Printing works just fine in Windows and in kernel 2.6.9-gentoo-r9, but not in any later kernels that I've tried (currently 2.6.14-gentoo-r5).

I would greatly appreciate any help you are willing to give.

--DaneLast edited by DaneM on Thu Dec 29, 2005 9:29 pm; edited 1 time in total

----------

## NeddySeagoon

DaneM,

Hve you set up support for ECP in the kernel ?

Both those pronters you have need bi-directional support over the parallel port, so setting up a standard output only won't work.

The LaserJet 5P should understand an ASCII data stream but will want a new page command to actually put the text on the paper, so the cat test may well fail.

The DeskJet 990cxi will not understand ASCII at all. It needs a raster image. The cat test will always fail on this printer.

I assume you use PostScript with the 5P and Ghostscript with the 990cxi ?

----------

## DaneM

Thanks for the reply!

I think I've fixed the problem, although it prints kind-of slowly.  I'm not sure whether I'm using the postscript driver or not; it's the HPIJS driver.  How can I tell?  If I'm not using the PS driver, how cat I get it?
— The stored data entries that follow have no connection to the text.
-- ===== src/Flow/Sizes.antt =====
-- The values that a step is given fit into the environment of a command.
use Prim.Native.String.{len}
use jardin.Base.{ℕ, ◌+◌, ◌≤◌, String, none, some, List, [], ◌∷◌, ◌++◌, ◌≡◌, arith}
use jardin.Base.{string_eq, inl, inr}
use jardin.Base.Dict
use jardin.Base.Dict.{Dict}
use jardin.Base.Int.{ℤ}
use jardin.Flow.Types.{Step, Output}
use jardin.Flow.Needs.{value, resolve_one, inherited_secrets, resolve_names, resolve}
use jardin.Flow.Sweep.{Resolved-cases}

-- What the names and values of an environment take together.
unfoldable pub size : Dict String String → ℕ
size [] = 0
size ((name, text) ∷ values) = len name + len text + size values

size-insert :
    (name text : String) (values : Dict String String)
    → size (Dict.insert name text values) ≤ size values + len name + len text
unfolding size Dict.insert
size-insert name text [] = omega arith
size-insert name text ((k, v) ∷ values) = ground (arith, size-insert name text values)

module _ (itoa : ℤ → String) (needs : Dict String String) (outputs : Dict String Output) where
  resolve_names-bounded :
      (names : List String) (total : ℕ) (values : Dict String String) (secret : List String)
      → (r : Dict String String × List String) → size values ≤ total
      → total ≤ 262144
      → resolve_names itoa needs outputs names total values secret ≡ value r
      → size r.0 ≤ 262144
  unfolding resolve_names
  resolve_names-bounded [] total values secret r fits small e = ground (arith, e)
  resolve_names-bounded (name ∷ names) total values secret r fits small e =
      let ref : String = elim (Dict.lookup name needs) as (λ x. String) [
        | none ↦ ""
        | some r ↦ r
      ] in
      elim (Resolved-cases (resolve_one itoa ref outputs)) [
        | inl (text, found) ↦ ground (
          arith,
          e,
          found,
          size-insert name text values,
          resolve_names-bounded names (total + len name + len text) (Dict.insert name text values)
              (secret ++ inherited_secrets itoa ref outputs text) r,
        )
        | inr (x, found) ↦ ground (arith, e, found)
      ]

-- If a step's values are resolved, their names and texts are at most 262144 bytes together.
pub size-resolve :
    (itoa : ℤ → String) (step : Step) (outputs : Dict String Output)
    → (r : Dict String String × List String) → resolve itoa step outputs ≡ value r
    → size r.0 ≤ 262144
unfolding resolve size
size-resolve itoa step outputs r e =
    resolve_names-bounded itoa step.needs outputs _ 0 [] [] r (omega arith) (omega arith) e
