-- ===== src/Flow/Verdict.antt =====
-- The status of a run is the worst of its results, whatever order they come in.
use jardin.Base.{
  ℕ, zero, suc, ◌-◌, Bool, true, false, ◌||◌, List, [], ◌∷◌, ◌++◌, ◌≡◌, refl, ap, ◌∙◌, arith,
}
use jardin.Base.{ltb, leb, length, remove, Bool-cases, inl, inr, if◌then◌else◌}
use jardin.Base.Int.{is_zero}
use jardin.Flow.Types.{Step, StepResult, Status, ok, failed, unresolved, timeout, status_rank}
use jardin.Flow.Schedule.{
  Outcome, Plan, Sched, Surroundings, start, worsen, judge, file_outcome, stamped, allows_failure,
  never_ran, skip, launch, turn, sweep, collect, drive,
}
use jardin.Flow.Needs.{resolve}
use jardin.Flow.Sweep.{Turn-cases, Resolved-cases}
use jardin.Flow.Drive.{IsFair}

-- What one result alone says of a run.
unfoldable pub verdict : Plan → StepResult → Status
verdict plan r =
    if r.timed_out
    then timeout
    else if r.skipped
    then ok
    else if r.not_started
    then unresolved
    else if is_zero r.exit_code || allows_failure plan.steps r.name
    then ok
    else failed

abbrev pub max : ℕ → ℕ → ℕ
max a b = if ltb a b then b else a

-- The worst rank among the results.
unfoldable pub worst : Plan → List StepResult → ℕ
worst plan [] = 0
worst plan (r ∷ rs) = max (status_rank (verdict plan r)) (worst plan rs)

max_zero : (a : ℕ) → max a 0 ≡ max 0 a
max_zero a = ground arith

max_assoc : (a b c : ℕ) → max a (max b c) ≡ max (max a b) c
max_assoc a b c = ground arith

worst-add_last :
    (plan : Plan) (rs : List StepResult) (r : StepResult)
    → worst plan (rs ++ (r ∷ [])) ≡ max (worst plan rs) (status_rank (verdict plan r))
unfolding worst
worst-add_last plan [] r = max_zero (status_rank (verdict plan r))
worst-add_last plan (q ∷ rs) r =
    ap (max (status_rank (verdict plan q))) (worst-add_last plan rs r)
    ∙ max_assoc (status_rank (verdict plan q)) (worst plan rs) (status_rank (verdict plan r))

abbrev pub IsJudged : Plan → Sched → Type 0
IsJudged plan s = status_rank s.status ≡ worst plan s.results

rank-judge :
    (plan : Plan) (out : Outcome) (s : Sched)
    → out.result.name ≡ out.name
    → status_rank (judge plan out s).status
      ≡ max (status_rank s.status) (status_rank (verdict plan out.result))
unfolding judge worsen verdict status_rank
rank-judge plan out s named = ground (arith, named)

module _ (plan : Plan) (now : ℕ) (out : Outcome) (s : Sched)
    (named : out.result.name ≡ out.name) where
  abbrev stamped_result : StepResult
  stamped_result = record (out.result) { started_at = stamped now out.result.started_at }

  results-file_outcome : (file_outcome plan now out s).results ≡ s.results ++ (stamped_result ∷ [])
  unfolding file_outcome judge worsen
  results-file_outcome = ground arith

  rank-file_outcome :
      status_rank (file_outcome plan now out s).status
      ≡ max (status_rank s.status) (status_rank (verdict plan out.result))
  unfolding file_outcome
  rank-file_outcome = rank-judge plan out _ named

  file_outcome-IsJudged : IsJudged plan s → IsJudged plan (file_outcome plan now out s)
  unfolding verdict
  file_outcome-IsJudged j =
      rw results-file_outcome
        (ground (arith, j, rank-file_outcome, worst-add_last plan s.results stamped_result))

module _ (env : Surroundings) (plan : Plan) where
  launch-IsJudged :
      (step : Step) (s : Sched) → IsJudged plan s → IsJudged plan (launch env plan step s)
  unfolding launch
  launch-IsJudged step s j = elim (Resolved-cases (resolve env.itoa step s.outputs)) [
    | inl (x, e) ↦ rw (e, launch) j
    | inr (x, e) ↦
        rw (e, launch)
          (file_outcome-IsJudged plan (env.now s)
            (never_ran step.name (env.describe step.name x) false) s refl j)
  ]

  sweep-IsJudged :
      (steps : List Step) (changed : Bool) (s : Sched)
      → IsJudged plan s
      → IsJudged plan (sweep env plan steps changed s).0
  unfolding sweep skip
  sweep-IsJudged [] changed s j = j
  sweep-IsJudged (step ∷ steps) changed s j = elim (Turn-cases (turn env plan step s)) [
    | inl (inl e) ↦ rw (e, sweep) (sweep-IsJudged steps changed s j)
    | inl (inr (reason, e)) ↦
        rw (e, sweep)
          (sweep-IsJudged steps true (skip env plan step.name reason s)
            (file_outcome-IsJudged plan (env.now s) (never_ran step.name reason true) s refl j))
    | inr (inl e) ↦ rw (e, sweep) j
    | inr (inr e) ↦
        rw (e, sweep)
          (sweep-IsJudged steps true (launch env plan step s) (launch-IsJudged step s j))
  ]

  collect-IsJudged :
      (out : Outcome) (s : Sched)
      → out.result.name ≡ out.name
      → IsJudged plan s
      → IsJudged plan (collect env plan out s)
  unfolding collect
  collect-IsJudged out s named j =
      file_outcome-IsJudged plan (env.now s) out
        (record s { inflight = s.inflight - 1; running = remove out.name s.running }) named j

module _ (env : Surroundings) (plan : Plan) (arrive : Sched → Outcome) (fair : IsFair arrive) where
  drive-IsJudged :
      (fuel : ℕ) (s : Sched) → IsJudged plan s → IsJudged plan (drive env plan arrive fuel s)
  unfolding drive
  drive-IsJudged zero s j = j
  drive-IsJudged (suc fuel) s j =
      let s' : Sched = (sweep env plan plan.steps false s).0 in
      let j' : IsJudged plan s' = sweep-IsJudged env plan plan.steps false s j in
      elim (Bool-cases (leb (length plan.steps) (length s.done))) [
        | inl e ↦ rw (e, drive) j
        | inr e ↦ elim (Bool-cases (ltb 0 s'.inflight)) [
          | inl some_fly ↦
              rw (e, some_fly, drive)
                (drive-IsJudged fuel (collect env plan (arrive s') s')
                  (collect-IsJudged env plan (arrive s') s' (fair.named s') j'))
          | inr none_fly ↦ elim (Bool-cases (sweep env plan plan.steps false s).1) [
            | inl p ↦ rw (e, none_fly, p, drive) (drive-IsJudged fuel s' j')
            | inr p ↦ rw (e, none_fly, p, drive) j'
          ]
        ]
      ]

  -- If outcomes come only from steps in flight, each result with its step's name, then at the end
  -- of a run from the start, on any fuel, the rank of the run's status is the worst rank among the
  -- verdicts on its results, each verdict read from one result alone: a timeout, a step that could
  -- not start, a step that failed and may not, or none of these, from worst to best.
  pub status-worst :
      (fuel : ℕ)
      → status_rank (drive env plan arrive fuel start).status
        ≡ worst plan (drive env plan arrive fuel start).results
  unfolding worst status_rank
  status-worst fuel = drive-IsJudged fuel start refl
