-- ===== src/Flow/Tests.antt =====
-- A run of two steps, one after the other, and the scheduler's theorems on it.
use jardin.Base.{
  ◌<◌, ◌≤◌, String, true, false, none, some, List, [], ◌∷◌, ◌≡◌, ◌⊎◌, refl, sym, ◌∙◌, arith,
}
use jardin.Base.{string_eq, nat_eq, contains, IsNodup, length}
use jardin.Base.Int.{pos}
use jardin.Base.Dict
use jardin.Base.Dict.{Dict}
use jardin.Flow.Types.{Step}
use jardin.Base.Text.{sort_strings}
use jardin.Flow.Needs.{referenced_steps, add_references}
use jardin.Flow.Graph.{
  add_names, add_need_steps, without, waits_of, dependencies, names_of, deps_at,
}
use jardin.Flow.Schedule.{
  Outcome, Plan, Sched, Surroundings, start, new_plan, drive, no_output, all_done,
}
use jardin.Flow.Sound.{IsSound, reported_names}
use jardin.Flow.Drive.{IsFair, drive-IsSound, start-IsSound}
use jardin.Flow.Graph.{Walk, walked, stuck, GraphError, find_cycle}
use jardin.Flow.Chain.{IsCycle}
use jardin.Flow.Graph.{
  validate_graph, check_steps, check_declared, walk_all, walk, visit_all, edges,
}
use jardin.Flow.Validate.{
  validate_steps, validate_step, validate_each, validate_needs, validate_names, check_names,
  check_secrets,
}
use jardin.Flow.Types.{status_rank}
use jardin.Flow.Verdict.{worst, status-worst}
use jardin.Flow.Types.{Output}
use jardin.Flow.Needs.{
  resolve, value, resolve_names, resolve_one, inherited_secrets, parse_reference, cut_last_dot,
  field_of, output_field, stream_value, trim_right, has_nul,
}
use jardin.Flow.Needs.{stdout}
use jardin.Flow.Masking.{IsFrom, resolve-masks}
use jardin.Flow.Sizes.{size, size-resolve}
use jardin.Flow.Promise.{validate_steps-runs}
use jardin.Flow.Topology.{IsClosed, find_cycle_lem}
use jardin.Flow.Finish.{IsAcyclic, drive-reports_all}

abbrev step : String → Step
step name = record {
  name = name;
  run = "true";
  env = [];
  needs = [];
  depends_on = none;
  ephemeral = false;
  secret = [];
  type = "";
  with = [];
  timeout = pos 0;
  allow_failure = false;
}

abbrev env : Surroundings
env = record {
  now = λ s. length s.done;
  describe = λ name e. name;
  quote = λ name. name;
  itoa = λ n. "0";
}

abbrev two : Plan
two = record {
  steps = step "a" ∷ step "b" ∷ [];
  deps = ("a", []) ∷ ("b", ("a" ∷ [])) ∷ [];
  retain = [];
  limit = 4;
}

-- With no `depends_on`, a step waits on the one before it.
two_is_new : new_plan (step "a" ∷ step "b" ∷ []) 0 ≡ two
unfolding new_plan add_names add_need_steps without sort_strings waits_of dependencies
    referenced_steps string_eq nat_eq add_references
two_is_new = refl

abbrev first_of : List String → String
first_of [] = ""
first_of (n ∷ ns) = n

-- The step that started last ends next, well.
arrive : Sched → Outcome
arrive s = record {
  name = first_of s.running;
  result = record {
    name = first_of s.running;
    exit_code = pos 0;
    stderr = "";
    timed_out = false;
    not_started = false;
    skipped = false;
    started_at = none;
  };
  raw = no_output;
}

first_of_lem : (ns : List String) → 0 < length ns → contains ns (first_of ns) ≡ true
first_of_lem [] some_run = absurd (omega arith)
first_of_lem (n ∷ ns) some_run = ground arith

arrive-IsFair : IsFair arrive
unfolding arrive
arrive-IsFair = record { from_running = λ s. first_of_lem s.running; named = λ s. refl }

drive-IsSound_example : IsSound two (drive env two arrive 3 start)
drive-IsSound_example = drive-IsSound env two arrive arrive-IsFair 3 start (start-IsSound two)

swap_two : (q : String) → contains ("b" ∷ "a" ∷ []) q ≡ contains ("a" ∷ "b" ∷ []) q
swap_two q = ground arith

two-IsAcyclic : IsAcyclic two
unfolding deps_at Dict.lookup string_eq nat_eq all_done
two-IsAcyclic = record {
  order = "b" ∷ "a" ∷ [];
  ordered = (refl, (refl, tt));
  covers = λ q h. swap_two q ∙ h;
  only = λ q h. sym (swap_two q) ∙ h;
}

two_distinct : IsNodup (names_of two.steps)
unfolding string_eq nat_eq
two_distinct = (refl, (refl, tt))

drive-reports_all_example :
    ((n : String)
      → contains (reported_names (drive env two arrive 3 start).results) n
        ≡ contains (names_of two.steps) n)
    × IsNodup (reported_names (drive env two arrive 3 start).results)
drive-reports_all_example =
    drive-reports_all env two arrive arrive-IsFair two-IsAcyclic two_distinct (omega arith)

pair_deps : dependencies two.steps ≡ two.deps
unfolding add_names add_need_steps without sort_strings waits_of dependencies string_eq nat_eq
pair_deps = refl

two-IsClosed : IsClosed two.steps
unfolding deps_at Dict.lookup
two-IsClosed n = rw pair_deps (λ q h. ground (arith, h))

find_cycle_lem_example :
    ((w : Walk) × (find_cycle two.steps ≡ walked w) × IsAcyclic (new_plan two.steps 0))
    ⊎ ((e : GraphError) × (find_cycle two.steps ≡ stuck e) × IsCycle (dependencies two.steps) e)
find_cycle_lem_example = find_cycle_lem two.steps 0 two-IsClosed

two_valid : validate_steps (λ text. text) two.steps ≡ none
unfolding validate_steps validate_step validate_each validate_needs validate_names check_names
    check_secrets validate_graph check_steps check_declared find_cycle walk_all walk visit_all
    dependencies waits_of add_names add_need_steps without sort_strings deps_at Dict.lookup
    Dict.keys string_eq nat_eq edges
two_valid = refl

validate_steps-runs_example :
    ((n : String)
      → contains (reported_names (drive env (new_plan two.steps 0) arrive 3 start).results) n
        ≡ contains (names_of two.steps) n)
    × IsNodup (reported_names (drive env (new_plan two.steps 0) arrive 3 start).results)
validate_steps-runs_example =
    validate_steps-runs (λ text. text) two.steps 0 env arrive (tt, (tt, tt)) two_valid arrive-IsFair

status-worst_example :
    status_rank (drive env two arrive 3 start).status
    ≡ worst two (drive env two arrive 3 start).results
status-worst_example = status-worst env two arrive arrive-IsFair 3

-- What an ephemeral step that ended well printed.
abbrev printed : Output
printed = record (no_output) { stdout = "key"; ephemeral = true }

abbrev asking : Step
asking = record (step "b") { needs = ("KEY", "a.stdout") ∷ [] }

asking_run :
    resolve (λ n. "0") asking (("a", printed) ∷ []) ≡ value (("KEY", "key") ∷ [], "key" ∷ [])
unfolding resolve resolve_names resolve_one inherited_secrets parse_reference cut_last_dot field_of
    output_field stream_value trim_right has_nul sort_strings Dict.keys Dict.lookup Dict.insert
    string_eq nat_eq
asking_run = refl

size-resolve_example : size (("KEY", "key") ∷ []) ≤ 262144
size-resolve_example =
    size-resolve (λ n. "0") asking (("a", printed) ∷ []) (("KEY", "key") ∷ [], "key" ∷ [])
      asking_run

asking-IsFrom : IsFrom asking.needs (("a", printed) ∷ []) "KEY" printed
unfolding parse_reference cut_last_dot field_of Dict.lookup string_eq nat_eq
asking-IsFrom = record {
  ref = "a.stdout";
  parsed = record { step = "a"; field = stdout };
  is_need = refl;
  reads = refl;
  ran = refl;
}

abbrev given : Dict String String
given = ("KEY", "key") ∷ []

abbrev secrets : List String
secrets = "key" ∷ []

abbrev key : String
key = "KEY"

key-given : Dict.lookup key given ≡ some "key"
unfolding Dict.lookup string_eq nat_eq
key-given = refl

resolve-masks_example : contains secrets "key" ≡ true
resolve-masks_example =
    resolve-masks (λ n. "0") asking (("a", printed) ∷ []) (("KEY", "key") ∷ [], "key" ∷ []) "KEY"
      "key" printed asking_run key-given asking-IsFrom refl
Here's how I got it to print (albeit slowly):

I set the kernel options as follows:

Parallel Printer Support:

<M> Parallel port support

<M>   PC-style hardware

< >     Multi-IO cards (parallel and serial)

[*]     Use FIFO/DMA if available (EXPERIMENTAL)

[ ]     SuperIO chipset support (EXPERIMENTAL)

[*] IEEE 1284 transfer modes

Character devices:

<M> Parallel printer support

Plug and Play Support:

[*] Plug and Play support 

[ ]   PnP Debug Messages

[ ]   Plug and Play ACPI support (EXPERIMENTAL)

The two major changes are that SuperIO is now disabled, as is Plug and Play ACPI support.

I'm not sure which change really did it; I'll be tweaking it a bit more soon.

Any ideas?

Thanks.

--Dane

----------

## NeddySeagoon

DaneM,

Your Laser Priter has a built in PostScript interpreter, so it should print as fast in Linux as it Does in Windows, provided you send it PostScript output. There is no need to rasterise the pages in the PC first.

Linux apps all produce PostScript.

Your colour printer does not understand PostScript, so everthing must be rasterised first. Windows does a hack - it does not allow arbitary scaling of the image, so it can print quickly. Linux has to start from PostScript anyway. As the rasterising is done in the computer, printing is slow. The up side is that you get a PostScript colour printer.

To see whats happening, look in the CUPS log. If it mentions Ghostscript, then the CPU doing PostScript to raster converstion.

----------

## DaneM

Thanks again for your reply; you seem to know a lot about printers!

I used kprinter to change the driver from postscript to ESP, and now it prints like in Windows.  What's the differerce, and why is this working right now?

Thanks.

--Dane

----------

## NeddySeagoon

DaneM,

I don't know kprinter but I suspect the difference is that one driver does the rasterising in the computer, the other sends the  PostScript straight to the printer. The latter is much faster, since no processing is involved.

----------

## DaneM

Thanks for the replies.

I'm glad we got that solved.

Cheers!

--Dane

----------

## v8elvis

 *NeddySeagoon wrote:*   

> DaneM,
> 
> The LaserJet 5P should understand an ASCII data stream but will want a new page command to actually put the text on the paper, so the cat test may well fail.
> 
> 

 

How do u send the new page command? I have a laserjet 6p and want to test the basics before I get into cups and the rest. It used to work perfectly and even printed over the network but somewhere along the way it broke. I haven't felt this angry at a computer since I ditched windows years ago.

----------